Information gained from pupillary assessment is used in decision-making regarding patient triage, diagnosis, treatment, and prognosis. For more than 100 years, clinicians have evaluated pupil size and reactivity to light in patients with brain injury or impaired consciousness to monitor neurological status and trends.¹ Images of a physician or nurse shining a penlight into the eyes of a patient to assess pupil reactivity are universal.

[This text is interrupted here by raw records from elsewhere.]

-- ===== src/Limiter/Stale.antt =====
-- CleanupStale forgets exactly the users that have been idle too long.
use x_sticker_bot.Base.{
  ℕ, ◌≡◌, refl, Option, none, some, List, [], ◌∷◌, arith, if◌then◌else◌, ==_iff, lookup, erase,
  lookup-erase, nat_eq,
}
use x_sticker_bot.Limiter.{Rate, UserLimiter, RateLimiter, is_idle, sweep, cleanup_stale}

module _ (r : Rate) where
  -- A sync.Map holds a key once.
  abbrev pub UniqueKeys : List (ℕ × UserLimiter r) → Type 0
  UniqueKeys [] = Unit
  UniqueKeys ((k, ul) ∷ m) = (lookup k m ≡ none) × UniqueKeys m

  -- What the sweep does to the entry of `uid`, by the entries that it walks over.
  abbrev kept : ℕ → ℕ → ℕ → Option (UserLimiter r) → Option (UserLimiter r) → Option (UserLimiter r)
  kept now max_idle uid none old = old
  kept now max_idle uid (some ul) old = if is_idle r now max_idle ul then none else old

  lookup-sweep :
      (now max_idle uid : ℕ) (entries users : List (ℕ × UserLimiter r))
      → UniqueKeys entries
      → lookup uid (sweep r now max_idle entries users)
        ≡ kept now max_idle uid (lookup uid entries) (lookup uid users)
  unfolding sweep lookup
  lookup-sweep now max_idle uid [] users unique = refl
  lookup-sweep now max_idle uid ((k, ul) ∷ entries) users unique = ground (
    arith,
    ==_iff k uid,
    lookup-erase k uid users,
    lookup-sweep now max_idle uid entries (erase k users) unique.1,
    lookup-sweep now max_idle uid entries users unique.1,
  )

  -- A user is forgotten exactly when last seen longer than `maxIdle` ago; every other user keeps
  -- its limiters as they were, and nothing else of the limiter changes.
  pub cleanup_stale_lem :
      (rl : RateLimiter r) (now max_idle uid : ℕ)
      → UniqueKeys rl.users
      → let rl' = cleanup_stale r rl now max_idle in
        (lookup uid rl'.users ≡ (elim (lookup uid rl.users) [
          | none ↦ none
          | some ul ↦ if is_idle r now max_idle ul then none else some ul
        ]))
        × (rl'.global ≡ rl.global)
        × (rl'.denied ≡ rl.denied)
  unfolding cleanup_stale
  cleanup_stale_lem rl now max_idle uid unique =
      (ground (arith, lookup-sweep now max_idle uid rl.users rl.users unique), refl, refl)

NeurOptics^® NPi^® Pupillometers provide accurate, reliable and objective pupil size and reactivity data, independent of the examiner, to support neurological examination in adult and pediatric patients with brain injury across a broad spectrum of diagnoses. Patients with primary neurological diagnoses such as traumatic brain injury (TBI), stroke, or seizure, along with patients suffering neurological consequences after cardiac arrest, ECMO and other medical conditions can benefit from automated pupillometry.

The Challenges

• Early detection of neurological injury is critical for effective and timely diagnosis and treatment.²
• Traditionally, pupil reactivity is manually measured by penlight or flashlight, and pupil size is visually estimated using a pupil gauge.
• These manual methods are subjective, inaccurate, and prone to variability and error.^2-9
• A variety of factors can affect the validity of manual pupil assessment and increase inter-examiner disagreement, including poor lighting conditions, the examiner’s visual acuity, and the strength, distance, and orientation of the light stimulus with respect to the patient’s eye.^5,8
• Studies show inter-examiner disagreement in the manual evaluation of pupillary reaction to be as high as 39 percent.^4,7,8,10
• With manual assessment, errors during documentation, recording, and reporting of pupillary data can occur.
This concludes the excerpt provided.